Ticket #36003

floating point parsing is locale-dependent

Open Date: 2016-01-30 23:44 Last Update: 2018-10-06 18:16

Reporter:
Owner:
Type:
Status:
Open [Owner assigned]
Component:
MileStone:
(None)
Priority:
3
Severity:
5 - Medium
Resolution:
None
Vote
Score: 0
No votes
0.0% (0/0)
0.0% (0/0)

Details

The parsing of the arithmetic floating point in yash depends on the user's locale. Only the current locale's floating point character is accepted. That means the arithmetic grammar of scripts using floating point depends on the end user's current locale settings, which kills portability and seems clearly undesirable. The only way to make such a script portable is to unset LC_ALL and set LC_NUMERIC to POSIX.

unset -v LC_ALL
x=1.24 y=1.74
LC_NUMERIC=POSIX        # floating point is '.'
z=$((x+y))
echo "OK1: $z"
LC_NUMERIC=nl_NL.UTF-8  # floating point is ','
z=$((x+y))
echo "OK2: $z"

Output:

OK1: 2.98
yash: arithmetic: `1.24' is not a valid number
yash: arithmetic: `1.74' is not a valid number

Attachment File List

No attachments

Ticket History (3/8 Histories)

2016-01-30 23:44 Updated by: mcdutchie
  • New Ticket "floating point parsing is locale-dependent" created
2016-01-31 17:10 Updated by: magicant
Comment

I did some research to compare behavior with other shells.

The below table shows whether string conversion is locale-Dependent or Independent in different situations:

-POSIX.1-2008yash 2.40zsh 5.1.1ksh 93u+ 2012-08-01
parsing literals in arithmetic expansionsN/AIID
parsing variable values in arithmetic expansionsN/ADID
printing results of arithmetic expansionsN/ADID
parsing operands of the printf built-inDDbothD
printing results of the printf built-inDDDD
2016-02-03 22:28 Updated by: magicant
Comment

Locale-dependency of floating-point conversion was once considered in #19731. Since then, interpretation of floating-point literals which directly appear in arithmetic expansion has been locale-independent. However, interpretation of floating-point values in a variable was kept locale-dependent to maintain interoperability with the printf built-in.

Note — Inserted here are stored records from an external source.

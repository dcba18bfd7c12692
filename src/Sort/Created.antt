-- ===== src/Sort/Created.antt =====
-- 1/mine/libcoro.c from `loop_init` to the end of `loop_start`.
use sysprog_exercises.Prelude.{
  ◌>>=◌, ℕ, zero, suc, ◌≤◌, ◌≡◌, refl, ap, ◌∙◌, sym, subst, Bool, true, false, Option, some, List,
  [], ◌∷◌, ◌++◌, arith, if◌then◌else◌, ◌==◌, inl, inr, Bool-cases, Absent, Distinct, Absent-append,
  Absent-right,
}
use mathlib.Core.List.{append_assoc, append-nil}
use sysprog_exercises.Sort.Coroutines.{write_at}
use sysprog_exercises.Sort.Loop.{Nodes, Loop, free_node, coro_create, run_coros, loop_start}
use sysprog_exercises.Sort.Ring.{Chain, AllLive, written, unwritten, apart_sym, IsRing}
use sysprog_exercises.Sort.Turns.{IsAt}
use sysprog_exercises.Sort.Running.{run_coros-Ends}
use sysprog_exercises.Sort.RoundRobin.{round_robin, turns, AllFreed, Ends}

module _ (next prev : ℕ → ℕ) (n : ℕ) where
  -- A node at the end of a chain.
  Chain-create :
      (a : ℕ) (xs : List ℕ) (z : ℕ)
      → (n == a) ≡ false
      → Absent n xs
      → (n == z) ≡ false
      → Distinct (a ∷ xs)
      → Absent z xs
      → Chain next prev a xs z
      → Chain
          (write_at (write_at next n z) (prev z) n)
          (write_at (write_at prev n (prev z)) z n)
          a
          (xs ++ (n ∷ []))
          z
  Chain-create a [] z na nx nz d zs (e, f) =
      let n_last : (n == prev z) ≡ false = subst (λ p. (n == p) ≡ false) (sym f) na in
      (
        ap (λ p. write_at (write_at next n z) p n a) f ∙ written (write_at next n z) a n,
        unwritten (write_at prev n (prev z)) z n n nz ∙ written prev n (prev z) ∙ f,
        (
          unwritten (write_at next n z) (prev z) n n n_last ∙ written next n z,
          written (write_at prev n (prev z)) z n,
        ),
      )
  Chain-create a (b ∷ xs) z na (nb, nx) nz ((ab, ax), d) (zb, zs) (e, f, l) =
      let apart = last_apart b xs ab ax l in
      (
        unwritten (write_at next n z) (prev z) a n apart
            ∙ unwritten next n a z (apart_sym n a na)
            ∙ e,
        unwritten (write_at prev n (prev z)) z b n (apart_sym z b zb)
            ∙ unwritten prev n b (prev z) (apart_sym n b nb)
            ∙ f,
        Chain-create b xs z nb nx nz d zs l,
      )
    where
      last_apart :
          (b : ℕ) (xs : List ℕ)
          → (a == b) ≡ false
          → Absent a xs
          → Chain next prev b xs z
          → (a == prev z) ≡ false
      last_apart b [] ab ax (e, f) = subst (λ p. (a == p) ≡ false) (sym f) ab
      last_apart b (x ∷ xs) ab (h, hs) (e, f, l) = last_apart x xs h hs l

last_live :
    (next prev : ℕ → ℕ) (live : ℕ → Bool) (a : ℕ) (xs : List ℕ) (z : ℕ)
    → Chain next prev a xs z
    → live a ≡ true
    → AllLive live xs
    → live (prev z) ≡ true
last_live next prev live a [] z (e, f) h hs = ap live f ∙ h
last_live next prev live a (x ∷ xs) z (e, f, l) h (k, ks) = last_live next prev live x xs z l k ks

stays_live : (live : ℕ → Bool) (n a : ℕ) → live a ≡ true → write_at live n true a ≡ true
stays_live live n a e = elim (Bool-cases (a == n)) [
  | inl same ↦ ap (λ b. if b then true else live a) same
  | inr apart ↦ unwritten live n a true apart ∙ e
]

AllLive-create :
    (live : ℕ → Bool) (n : ℕ) (xs : List ℕ)
    → AllLive live xs
    → AllLive (write_at live n true) (xs ++ (n ∷ []))
AllLive-create live n [] h = (written live n true, tt)
AllLive-create live n (x ∷ xs) (h, hs) = (stays_live live n x h, AllLive-create live n xs hs)

pub Distinct-create : (xs : List ℕ) (n : ℕ) → Distinct xs → Absent n xs → Distinct (xs ++ (n ∷ []))
Distinct-create [] n d h = (tt, tt)
Distinct-create (x ∷ xs) n (xd, d) (nx, h) =
    (Absent-append x xs (n ∷ []) xd (apart_sym n x nx, tt), Distinct-create xs n d h)

-- A new node is the last one of the ring.
coro_create-IsRing :
    (l : Loop) (xs : List ℕ) (n : ℕ)
    → IsRing l.nodes l.sentinel xs
    → (n == l.sentinel) ≡ false
    → Absent n xs
    → (m : Nodes) × (coro_create l n ≡ some (record l { nodes = m }))
      × IsRing m l.sentinel (xs ++ (n ∷ []))
unfolding coro_create
coro_create-IsRing l xs n r ns nx =
    let m = l.nodes in
    let s = l.sentinel in
    let last = m.prev s in
    let live = last_live m.next m.prev m.is_live s xs s r.chain r.sentinel_live r.all_live in
    (
      record {
        next = write_at (write_at m.next n s) last n;
        prev = write_at (write_at m.prev n last) s n;
        is_live = write_at m.is_live n true;
      },
      rw
          (
            r.sentinel_live,
            stays_live m.is_live n last live,
            stays_live m.is_live n s r.sentinel_live,
          )
          refl,
      record {
        chain =
            Chain-create m.next m.prev n s xs s ns nx ns (r.sentinel_apart, r.distinct)
              r.sentinel_apart r.chain;
        sentinel_live = stays_live m.is_live n s r.sentinel_live;
        all_live = AllLive-create m.is_live n xs r.all_live;
        sentinel_apart = Absent-append s xs (n ∷ []) r.sentinel_apart (apart_sym n s ns, tt);
        distinct = Distinct-create xs n r.distinct nx;
      },
    )

-- The calls of `coro_create` in `main`, of which `malloc` gives out the addresses.
unfoldable pub create_all : Loop → List ℕ → Option Loop
unfolding coro_create
create_all l [] = some l
create_all l (n ∷ ns) = coro_create l n >>= (λ l'. create_all l' ns)

pub create_all-IsRing :
    (l : Loop) (xs ns : List ℕ)
    → IsRing l.nodes l.sentinel xs
    → Absent l.sentinel ns
    → Distinct (xs ++ ns)
    → (m : Nodes) × (create_all l ns ≡ some (record l { nodes = m }))
      × IsRing m l.sentinel (xs ++ ns)
unfolding create_all
create_all-IsRing l xs [] r sn d =
    (l.nodes, refl, subst (IsRing l.nodes l.sentinel) (sym (append-nil xs)) r)
create_all-IsRing l xs (n ∷ ns) r (sn, sns) d =
    let one = coro_create-IsRing l xs n r (apart_sym l.sentinel n sn) (new_one xs d) in
    let same = append_assoc xs (n ∷ []) ns in
    let rest =
      create_all-IsRing (record l { nodes = one.0 }) (xs ++ (n ∷ [])) ns one.2 sns
        (subst Distinct (sym same) d) in
    (
      rest.0,
      ap (λ o. o >>= (λ l'. create_all l' ns)) one.1 ∙ rest.1,
      subst (IsRing rest.0 l.sentinel) same rest.2,
    )
  where
    new_one : (xs : List ℕ) → Distinct (xs ++ (n ∷ ns)) → Absent n xs
    new_one [] d = tt
    new_one (x ∷ xs) (h, d) = (apart_sym x n (Absent-right x xs (n ∷ ns) h).0, new_one xs d)

pub loop_start-Ends :
    (k : ℕ) (yields : ℕ → ℕ) (l : Loop) (xs : List ℕ)
    → IsRing l.nodes l.sentinel xs
    → turns yields xs ≤ k
    → (m : Nodes) × (loop_start k yields l ≡ some (round_robin k yields xs, m))
      × AllFreed m.is_live (l.sentinel ∷ xs)
unfolding loop_start
loop_start-Ends zero yields l [] r le =
    let same : (l.sentinel == l.sentinel) ≡ true = ground arith in
    (
      free_node l.nodes l.sentinel,
      rw (r.sentinel_live, r.chain.0, same) refl,
      (written l.nodes.is_live l.sentinel false, tt),
    )
loop_start-Ends (suc k) yields l [] r le =
    let same : (l.sentinel == l.sentinel) ≡ true = ground arith in
    (
      free_node l.nodes l.sentinel,
      rw (r.sentinel_live, r.chain.0, same) refl,
      (written l.nodes.is_live l.sentinel false, tt),
    )
loop_start-Ends k yields l (x ∷ xs) r le =
    let apart = apart_sym l.sentinel x r.sentinel_apart.0 in
    let same = append-nil xs in
    let begun : Loop = record l { current_coro_node = x } in
    let at' : IsAt begun [] x xs = record { ring = r; is_current = refl } in
    let ends =
      subst (λ q. Ends begun (x ∷ q) (round_robin k yields (x ∷ q)) (run_coros k yields begun)) same
        (run_coros-Ends k yields begun [] x xs at' (omega (arith, ap (turns yields) same))) in
    (ends.0, rw (r.sentinel_live, r.chain.0, apart) ends.1, ends.2)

Consider passing the result of arithmetic expansion as an operand to the printf built-in. As required by POSIX.1-2008, the built-in interprets the operand locale-dependenly, and as such, the result of arithmetic expansion must have been formatted locale-dependently. Also consider assigning the result of arithmetic expansion to a variable and using the variable in another arithmetic expansion. Since a locale-dependently formatted value is assigned to the variable, the shell needs to interpret the variable value locale-dependently when evaluating the arithmetic expression.

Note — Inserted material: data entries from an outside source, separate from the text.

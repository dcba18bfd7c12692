-- ===== src/Sort/Results.antt =====
-- The end of `main` of 1/mine/main.c: the sorted files are merged by their cursors.
--
-- A file is the list of its numbers from its cursor on. `min_j` without a file is `SIZE_MAX`, at which
-- the source writes outside of `cursors`: the outcome `none`.
use sysprog_exercises.Prelude.{
  ℕ, zero, suc, ◌+◌, Option, none, some, List, [], ◌∷◌, length, if◌then◌else◌,
}
use sysprog_exercises.Prelude.Int.{ℤ, pos}
use sysprog_exercises.Sort.Merge.{less}

-- `INT_MAX`
abbrev pub int_max : ℤ
int_max = pos 2147483647

-- `total_count`
abbrev pub total_count : List (List ℤ) → ℕ
total_count [] = 0
total_count (l ∷ files) = length l + total_count files

-- The search for the least number, from file `j` on.
abbrev pub least : ℕ → List (List ℤ) → ℤ → Option ℕ → ℤ × Option ℕ
least j [] min min_j = (min, min_j)
least j ([] ∷ files) min min_j = least (j + 1) files min min_j
least j ((value ∷ rest) ∷ files) min min_j =
    least (j + 1) files (if less value min then value else min)
      (if less value min then some j else min_j)

-- `cursors[j]++`
abbrev pub advance_cursor : ℕ → List (List ℤ) → Option (List (List ℤ))
advance_cursor j [] = none
advance_cursor zero ([] ∷ files) = none
advance_cursor zero ((x ∷ xs) ∷ files) = some (xs ∷ files)
advance_cursor (suc j) (l ∷ files) = elim (advance_cursor j files) [
  | none ↦ none
  | some moved ↦ some (l ∷ moved)
]

-- `merged`, from place `t` on, with `n` places left.
unfoldable pub merge_results : ℕ → List (List ℤ) → Option (List ℤ)
merge_results zero files = some []
merge_results (suc n) files =
    let r = least 0 files int_max none in
    elim r.1 [
      | none ↦ none
      | some j ↦ elim (advance_cursor j files) [
        | none ↦ none
        | some moved ↦ elim (merge_results n moved) [
          | none ↦ none
          | some merged ↦ some (r.0 ∷ merged)
        ]
      ]
    ]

That said, I have to admit that this does not work if you change the locale during execution of a shell script. One possible solution might be to provide a safe way to convert between locale-independent and -dependent format of floating-point values.

2016-02-12 00:09 Updated by: magicant
Comment

I don't come up with a good idea yet how to offer conversion from locale-dependent format to locale-independent format. AFAIK no other shell supports such conversion. Should yash have a special method for conversion which is incompatible with other shells?

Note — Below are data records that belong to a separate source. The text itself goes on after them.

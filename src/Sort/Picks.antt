-- ===== src/Sort/Picks.antt =====
-- The search for the least number of the files in 1/mine/main.c.
use sysprog_exercises.Prelude.{
  ℕ, suc, ◌+◌, ◌≡◌, ◌⊎◌, inl, inr, refl, ap, ◌∙◌, true, false, Option, some, List, [], ◌∷◌, arith,
  if◌then◌else◌, Bool-cases,
}
use sysprog_exercises.Prelude.Int.{ℤ, pos, negsuc}
use sysprog_exercises.Sort.Merge.{less}
use sysprog_exercises.Sort.Ordered.{HeadFrom, IsSorted, same_int, count, less-asym}
use sysprog_exercises.Sort.Results.{int_max, total_count, least, advance_cursor}

abbrev pub AllSorted : List (List ℤ) → Type 0
AllSorted [] = Unit {0}
AllSorted (l ∷ files) = IsSorted l × AllSorted files

-- No number of the list is `INT_MAX`.
abbrev pub Below : List ℤ → Type 0
Below [] = Unit {0}
Below (x ∷ xs) = (less x int_max ≡ true) × Below xs

abbrev pub AllBelow : List (List ℤ) → Type 0
AllBelow [] = Unit {0}
AllBelow (l ∷ files) = Below l × AllBelow files

-- How often a number stands in the files.
abbrev pub count_all : ℤ → List (List ℤ) → ℕ
count_all a [] = 0
count_all a (l ∷ files) = count a l + count_all a files

-- No file begins with a number that is less.
abbrev pub HeadsFrom : ℤ → List (List ℤ) → Type 0
HeadsFrom a [] = Unit {0}
HeadsFrom a (l ∷ files) = HeadFrom a l × HeadsFrom a files

less_down : (x y z : ℤ) → less y x ≡ false → less z x ≡ true → less y z ≡ false
less_down (pos x) (pos y) (pos z) h k = ground arith
less_down (pos x) (pos y) (negsuc z) h k = refl
less_down (pos x) (negsuc y) z h k = cc
less_down (negsuc x) y (pos z) h k = cc
less_down (negsuc x) (pos y) (negsuc z) h k = refl
less_down (negsuc x) (negsuc y) (negsuc z) h k = ground arith

less_up : (x y z : ℤ) → less y x ≡ false → less x z ≡ false → less y z ≡ false
less_up (pos x) (pos y) (pos z) h k = ground arith
less_up (pos x) (pos y) (negsuc z) h k = refl
less_up (pos x) (negsuc y) z h k = cc
less_up (negsuc x) y (pos z) h k = cc
less_up (negsuc x) (pos y) (negsuc z) h k = refl
less_up (negsuc x) (negsuc y) (negsuc z) h k = ground arith

HeadsFrom-down :
    (x z : ℤ) (files : List (List ℤ)) → HeadsFrom x files → less z x ≡ true → HeadsFrom z files
HeadsFrom-down x z [] h k = tt
HeadsFrom-down x z ([] ∷ files) (h, hs) k = (tt, HeadsFrom-down x z files hs k)
HeadsFrom-down x z ((y ∷ ys) ∷ files) (h, hs) k =
    (less_down x y z h k, HeadsFrom-down x z files hs k)

-- File `k` begins with `x`, which no file begins below; what the files are behind it.
pub record Picked (files : List (List ℤ)) (x : ℤ) (k : ℕ) : Type 0 where
  pub moved : List (List ℤ)
  pub advanced : advance_cursor k files ≡ some moved
  pub moved_sorted : AllSorted moved
  pub heads : HeadsFrom x moved
  pub below : AllBelow files → AllBelow moved
  pub at_least : (b : ℤ) → HeadsFrom b files → less x b ≡ false
  pub counted : (a : ℤ) → count_all a files ≡ (if same_int a x then 1 else 0) + count_all a moved
  pub one_less : total_count files ≡ suc (total_count moved)

-- The first file is picked.
Picked-here :
    (x : ℤ) (xs : List ℤ) (files : List (List ℤ))
    → AllSorted ((x ∷ xs) ∷ files)
    → HeadsFrom x files
    → Picked ((x ∷ xs) ∷ files) x 0
Picked-here x xs files ((h, s), ss) hs = record {
  moved = xs ∷ files;
  advanced = refl;
  moved_sorted = (s, ss);
  heads = (h, hs);
  below = λ b. (b.0.1, b.1);
  at_least = λ b g. g.0;
  counted = λ a. omega arith;
  one_less = omega arith;
}

-- A file behind the first is picked.
Picked-later :
    (l : List ℤ) (files : List (List ℤ)) (x : ℤ) (k : ℕ)
    → IsSorted l
    → HeadFrom x l
    → Picked files x k
    → Picked (l ∷ files) x (suc k)
Picked-later l files x k s h p = record {
  moved = l ∷ p.moved;
  advanced = rw (p.advanced) refl;
  moved_sorted = (s, p.moved_sorted);
  heads = (h, p.heads);
  below = λ b. (b.0, p.below b.1);
  at_least = λ b g. p.at_least b g.1;
  counted = λ a. omega (arith, p.counted a);
  one_less = omega (arith, p.one_less);
}

abbrev pub Found : ℕ → List (List ℤ) → ℤ → Option ℕ → Type 0
Found j files m mj =
    ((least j files m mj ≡ (m, mj)) × HeadsFrom m files)
    ⊎ ((k : ℕ) × (x : ℤ) × (least j files m mj ≡ (x, some (j + k)))
        × (less x m ≡ true)
        × Picked files x k)

pub least-Found :
    (j : ℕ) (files : List (List ℤ)) (m : ℤ) (mj : Option ℕ) → AllSorted files → Found j files m mj
least-Found j [] m mj s = inl (refl, tt)
least-Found j ([] ∷ files) m mj (s, ss) = elim (least-Found (j + 1) files m mj ss) [
  | inl (e, h) ↦ inl (e, (tt, h))
  | inr (k, x, e, lt, p) ↦
      inr (suc k, x, e ∙ ap (λ i. (x, some i)) (omega arith), lt, Picked-later [] files x k tt tt p)
]
least-Found j ((y ∷ ys) ∷ files) m mj (s, ss) = elim (Bool-cases (less y m)) [
  | inl lt ↦ elim (least-Found (j + 1) files y (some j) ss) [
    | inl (e, h) ↦ inr (
      0,
      y,
      taken lt ∙ e ∙ ap (λ i. (y, some i)) (omega arith),
      lt,
      Picked-here y ys files (s, ss) h,
    )
    | inr (k, x, e, lt', p) ↦ inr (
      suc k,
      x,
      taken lt ∙ e ∙ ap (λ i. (x, some i)) (omega arith),
      less_trans x y m lt' lt,
      Picked-later (y ∷ ys) files x k s (less-asym x y lt') p,
    )
  ]
  | inr ge ↦ elim (least-Found (j + 1) files m mj ss) [
    | inl (e, h) ↦ inl (left_alone ge ∙ e, (ge, h))
    | inr (k, x, e, lt, p) ↦ inr (
      suc k,
      x,
      left_alone ge ∙ e ∙ ap (λ i. (x, some i)) (omega arith),
      lt,
      Picked-later (y ∷ ys) files x k s (less_down m y x ge lt) p,
    )
  ]
]
  where
    taken : less y m ≡ true → least j ((y ∷ ys) ∷ files) m mj ≡ least (j + 1) files y (some j)
    taken lt = ap (λ b. least (j + 1) files (if b then y else m) (if b then some j else mj)) lt

    left_alone : less y m ≡ false → least j ((y ∷ ys) ∷ files) m mj ≡ least (j + 1) files m mj
    left_alone ge = ap (λ b. least (j + 1) files (if b then y else m) (if b then some j else mj)) ge

    less_trans : (a b c : ℤ) → less a b ≡ true → less b c ≡ true → less a c ≡ true
    less_trans (pos a) (pos b) (pos c) h k = ground arith
    less_trans (pos a) (negsuc b) c h k = cc
    less_trans (pos a) (pos b) (negsuc c) h k = cc
    less_trans (negsuc a) b (pos c) h k = refl
    less_trans (negsuc a) (pos b) (negsuc c) h k = cc
    less_trans (negsuc a) (negsuc b) (negsuc c) h k = ground arith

2016-02-13 08:39 Updated by: None
Comment

Here are my thoughts on the matter.

I think conversion from locale-dependent to locale-independent format is wrought with problems and I don't think you should try it.

I understand your argument about interoperability with the printf built-in, but I don't think that's worth the price either. Currently, if a yash script executed in France or the Netherlands produces floating point output for parsing by another instance of that script run in Japan or America, it will fail to parse unless locale settings are altered.

Instead, I think yash should act like zsh -- in my opinion, it strikes the best balance. Internally, everything float is done as if the POSIX/C locale were active, including producing results of arithmetic expansion. Only printf produces locale-dependent output. If printf output needs to be interoperable with the shell, that's easy: it should simply be invoked as LC_ALL=C printf. Locale-dependent output should not be used as input.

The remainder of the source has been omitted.